### Task item
Each line of the data below that holds the word "IsSilent" is to be reported in full.

### Data records

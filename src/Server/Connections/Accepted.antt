-- ===== src/Server/Connections/Accepted.antt =====
-- The threads that serve the clients.
use kierki_sik.Prelude.{
  ℕ, ◌+◌, ◌^◌, ◌%◌, ◌<◌, ◌≤◌, ◌≡◌, refl, sym, ap, ◌∙◌, List, [], ◌∷◌, ◌++◌, append-nil,
  append_assoc, none, some, length, length-append, arith, ne→==, All, subst,
}
use kierki_sik.Server.{disconnected, end_signal}
use kierki_sik.Server.Poll.{FromServer, silent, pipe_closed, pipe_failed, pipe_error, order}
use kierki_sik.Prelude.Int.{pos}
use kierki_sik.Server.Connections.{
  listening, Incoming, nobody, socket_error, connection, Watched, poll_failed, ready, Listener,
  Watch, watching, returned, and_then, put_thread, heed_socket, heed_server, watch_round, watch,
  handle_connections,
}

-- The threads of the clients with these descriptors, numbered from `n` on.
abbrev pub numbered : ℕ → List ℕ → List (ℕ × ℕ)
numbered n [] = []
numbered n (fd ∷ fds) = (n, fd) ∷ numbered (n + 1) fds

put_thread-numbered :
    (j n : ℕ) (fds : List ℕ) (fd : ℕ)
    → n ≡ j + length fds
    → put_thread n fd (numbered j fds) ≡ numbered j (fds ++ fd ∷ [])
unfolding put_thread
put_thread-numbered j n [] fd e = ap (λ k. (k, fd) ∷ []) (e ∙ omega arith)
put_thread-numbered j n (x ∷ fds) fd e =
    rw (ne→== j n (λ h. omega arith))
      (ap (λ l. (j, x) ∷ l) (put_thread-numbered (j + 1) n fds fd (omega arith)))

-- The client that a poll brings, if it is accepted and its thread can be created.
abbrev pub client_of : Incoming → List ℕ
client_of (connection (some fd) none) = fd ∷ []
client_of _ = []

abbrev pub clients_of : List Watched → List ℕ
clients_of [] = []
clients_of (poll_failed ∷ polls) = clients_of polls
clients_of (ready incoming s ∷ polls) = client_of incoming ++ clients_of polls

-- What the listening socket shows lets the thread go on, also after a failed `accept`.
abbrev pub GoesOn : Incoming → Type 0
GoesOn socket_error = ⊥
GoesOn (connection (some fd) (some what)) = ⊥
GoesOn _ = Unit {0}

abbrev pub IsSilent : FromServer → Type 0
IsSilent silent = Unit {0}
IsSilent _ = ⊥

-- A poll after which the connection thread goes on.
abbrev pub IsCalm : Watched → Type 0
IsCalm poll_failed = ⊥
IsCalm (ready incoming s) = GoesOn incoming × IsSilent s

-- There is one thread for each of these clients, and the next number is free.
pub record Has (fds : List ℕ) (l : Listener) : Type 0 where
  pub threads : l.client_threads ≡ numbered 0 fds
  pub next : l.thread_id ≡ length fds

same-Has : (fds fds' : List ℕ) (l : Listener) → fds ≡ fds' → Has fds l → Has fds' l
same-Has fds fds' l e h = subst (λ k. Has k l) e h

none_more :
    (fds : List ℕ) (l l' : Listener)
    → l'.client_threads ≡ l.client_threads
    → l'.thread_id ≡ l.thread_id
    → Has fds l
    → Has (fds ++ []) l'
none_more fds l l' e d h = record {
  threads = e ∙ h.threads ∙ ap (numbered 0) (sym (append-nil fds));
  next = d ∙ h.next ∙ ap length (sym (append-nil fds));
}

-- The thread goes on if `Calm`, and returns if not; `fds` are served then.
abbrev Leads : Type 0 → List ℕ → Watch → Type 0
Leads Calm fds (watching l) = Calm × Has fds l
Leads Calm fds (returned l) = (¬ Calm) × Has fds l

wraps : (n : ℕ) → n < 2 ^ 64 → n % 2 ^ 64 ≡ n
wraps n h = omega arith

heed_socket-Leads :
    (incoming : Incoming) (fds : List ℕ) (l : Listener)
    → length fds + 1 < 2 ^ 64
    → Has fds l
    → Leads (GoesOn incoming) (fds ++ client_of incoming) (heed_socket incoming l)
unfolding heed_socket
heed_socket-Leads nobody fds l b h = (tt, none_more fds l l refl refl h)
heed_socket-Leads socket_error fds l b h = ((λ x. x), none_more fds l _ refl refl h)
heed_socket-Leads (connection none thrown) fds l b h = (tt, none_more fds l _ refl refl h)
heed_socket-Leads (connection (some fd) (some what)) fds l b h =
    ((λ x. x), none_more fds l _ refl refl h)
heed_socket-Leads (connection (some fd) none) fds l b h =
    let t = h.threads in
    let n = h.next in
    (
      tt,
      record {
        threads =
            ap (put_thread l.thread_id fd) t
            ∙ put_thread-numbered 0 l.thread_id fds fd (n ∙ omega arith);
        next =
            ap (λ k. (k + 1) % 2 ^ 64) n
            ∙ wraps (length fds + 1) b
            ∙ sym (length-append fds (fd ∷ []));
      },
    )

heed_server-Leads :
    (s : FromServer) (fds : List ℕ) (l : Listener)
    → Has fds l
    → Leads (IsSilent s) fds (heed_server s l)
unfolding heed_server
heed_server-Leads silent fds l h = (tt, h)
heed_server-Leads pipe_closed fds l h = ((λ x. x), record { threads = h.threads; next = h.next })
heed_server-Leads pipe_failed fds l h = ((λ x. x), record { threads = h.threads; next = h.next })
heed_server-Leads pipe_error fds l h = ((λ x. x), record { threads = h.threads; next = h.next })
heed_server-Leads (order disconnected) fds l h =
    ((λ x. x), record { threads = h.threads; next = h.next })
heed_server-Leads (order end_signal) fds l h =
    ((λ x. x), record { threads = h.threads; next = h.next })
heed_server-Leads (order _) fds l h = ((λ x. x), record { threads = h.threads; next = h.next })

watch_round-Leads :
    (polled : Watched) (fds : List ℕ) (l : Listener)
    → length fds + 1 < 2 ^ 64
    → Has fds l
    → Leads (IsCalm polled) (fds ++ clients_of (polled ∷ [])) (watch_round polled l)
unfolding watch_round
watch_round-Leads poll_failed fds l b h = ((λ x. x), none_more fds l _ refl refl h)
watch_round-Leads (ready incoming s) fds l b h =
    go (heed_socket incoming l) (heed_socket-Leads incoming fds l b h)
  where
    served :
        (k : Listener)
        → Has (fds ++ client_of incoming) k
        → Has (fds ++ (client_of incoming ++ [])) k
    served k q = subst (λ c. Has (fds ++ c) k) (sym (append-nil (client_of incoming))) q

    last :
        (y : Watch)
        → GoesOn incoming
        → Leads (IsSilent s) (fds ++ client_of incoming) y
        → Leads (IsCalm (ready incoming s)) (fds ++ (client_of incoming ++ [])) y
    last (watching k) g (c, q) = ((g, c), served k q)
    last (returned k) g (c, q) = ((λ d. c d.1), served k q)

    go :
        (x : Watch)
        → Leads (GoesOn incoming) (fds ++ client_of incoming) x
        → Leads
            (IsCalm (ready incoming s))
            (fds ++ (client_of incoming ++ []))
            (and_then x (heed_server s))
    go (watching k) (g, q) =
        last (heed_server s k) g (heed_server-Leads s (fds ++ client_of incoming) k q)
    go (returned k) (g, q) = ((λ d. g d.0), served k q)

-- The thread goes on behind calm polls, or the first that is not calm ends it; there is a thread for
-- each of `fds` and of the clients up to then.
abbrev pub Serves : List Watched → List ℕ → Watch → Type 0
Serves polls fds (watching l) = All IsCalm polls × Has (fds ++ clients_of polls) l
Serves polls fds (returned l) =
    (earlier : List Watched) × (polled : Watched) × (later : List Watched) × (polls
      ≡ earlier ++ polled ∷ later)
    × All IsCalm earlier
    × (¬ IsCalm polled)
    × Has (fds ++ clients_of (earlier ++ polled ∷ [])) l

clients_of-append : (xs ys : List Watched) → clients_of (xs ++ ys) ≡ clients_of xs ++ clients_of ys
clients_of-append [] ys = refl
clients_of-append (poll_failed ∷ xs) ys = clients_of-append xs ys
clients_of-append (ready incoming s ∷ xs) ys =
    ap (λ l. client_of incoming ++ l) (clients_of-append xs ys)
    ∙ sym (append_assoc (client_of incoming) (clients_of xs) (clients_of ys))

regroup :
    (fds : List ℕ) (polled : Watched) (rest : List Watched)
    → (fds ++ clients_of (polled ∷ [])) ++ clients_of rest ≡ fds ++ clients_of (polled ∷ rest)
regroup fds polled rest =
    append_assoc fds (clients_of (polled ∷ [])) (clients_of rest)
    ∙ ap (λ l. fds ++ l) (sym (clients_of-append (polled ∷ []) rest))

one_at_most : (polled : Watched) → length (clients_of (polled ∷ [])) ≤ 1
one_at_most poll_failed = omega arith
one_at_most (ready (connection (some fd) none) s) = omega arith
one_at_most (ready (connection (some fd) (some what)) s) = omega arith
one_at_most (ready _ s) = omega arith

watch-Serves :
    (polls : List Watched) (fds : List ℕ) (l : Listener)
    → length fds + length polls < 2 ^ 64
    → Has fds l
    → Serves polls fds (watch polls l)
unfolding watch
watch-Serves [] fds l b h = (tt, none_more fds l l refl refl h)
watch-Serves (polled ∷ rest) fds l b h =
    go (watch_round polled l) (watch_round-Leads polled fds l (omega arith) h) (λ k q.
      watch-Serves rest (fds ++ clients_of (polled ∷ [])) k
        (omega (arith, length-append fds (clients_of (polled ∷ [])), one_at_most polled)) q)
  where
    behind :
        IsCalm polled
        → (y : Watch) → Serves rest (fds ++ clients_of (polled ∷ [])) y
        → Serves (polled ∷ rest) fds y
    behind c (watching k) (calm, q) = ((c, calm), subst (λ l. Has l k) (regroup fds polled rest) q)
    behind c (returned k) (earlier, decisive, later, e, calm, n, q) = (
      polled ∷ earlier,
      decisive,
      later,
      ap (λ l. polled ∷ l) e,
      (c, calm),
      n,
      subst (λ l. Has l k) (regroup fds polled (earlier ++ decisive ∷ [])) q,
    )

    go :
        (x : Watch)
        → Leads (IsCalm polled) (fds ++ clients_of (polled ∷ [])) x
        → ((k : Listener)
            → Has (fds ++ clients_of (polled ∷ [])) k
            → Serves rest (fds ++ clients_of (polled ∷ [])) (watch rest k))
        → Serves (polled ∷ rest) fds (and_then x (watch rest))
    go (watching k) (c, q) more = behind c (watch rest k) (more k q)
    go (returned k) (n, q) more = ([], polled, rest, refl, tt, n, q)

-- Whatever `poll`, `accept`, the constructors of the threads and the main thread's pipe do, the
-- connection thread goes on until the first poll that failed, showed an error of the socket, brought a
-- client whose thread could not be created, or found the main thread's pipe other than silent; a
-- failed `accept` does not end it. In either case there is one thread for each client that was
-- accepted and whose thread could be created, in the last poll too, numbered in order from 0, and none
-- besides. There are fewer than 2^64 polls, and no thread was started before.
pub handle_connections-accepted :
    (socket_fd : ℕ) (polls : List Watched) (l : Listener)
    → length polls < 2 ^ 64
    → l.thread_id ≡ 0
    → l.client_threads ≡ []
    → Serves polls [] (handle_connections (pos socket_fd) polls l)
unfolding handle_connections
handle_connections-accepted socket_fd polls l b first none_yet =
    watch-Serves polls [] (listening socket_fd l) (omega arith)
      (record { threads = none_yet; next = first })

### Finished exercise
abbrev pub IsSilent : FromServer → Type 0
IsSilent silent = Unit {0}
IsSilent _ = ⊥
IsCalm (ready incoming s) = GoesOn incoming × IsSilent s
    → Leads (IsSilent s) fds (heed_server s l)
        → Leads (IsSilent s) (fds ++ client_of incoming) y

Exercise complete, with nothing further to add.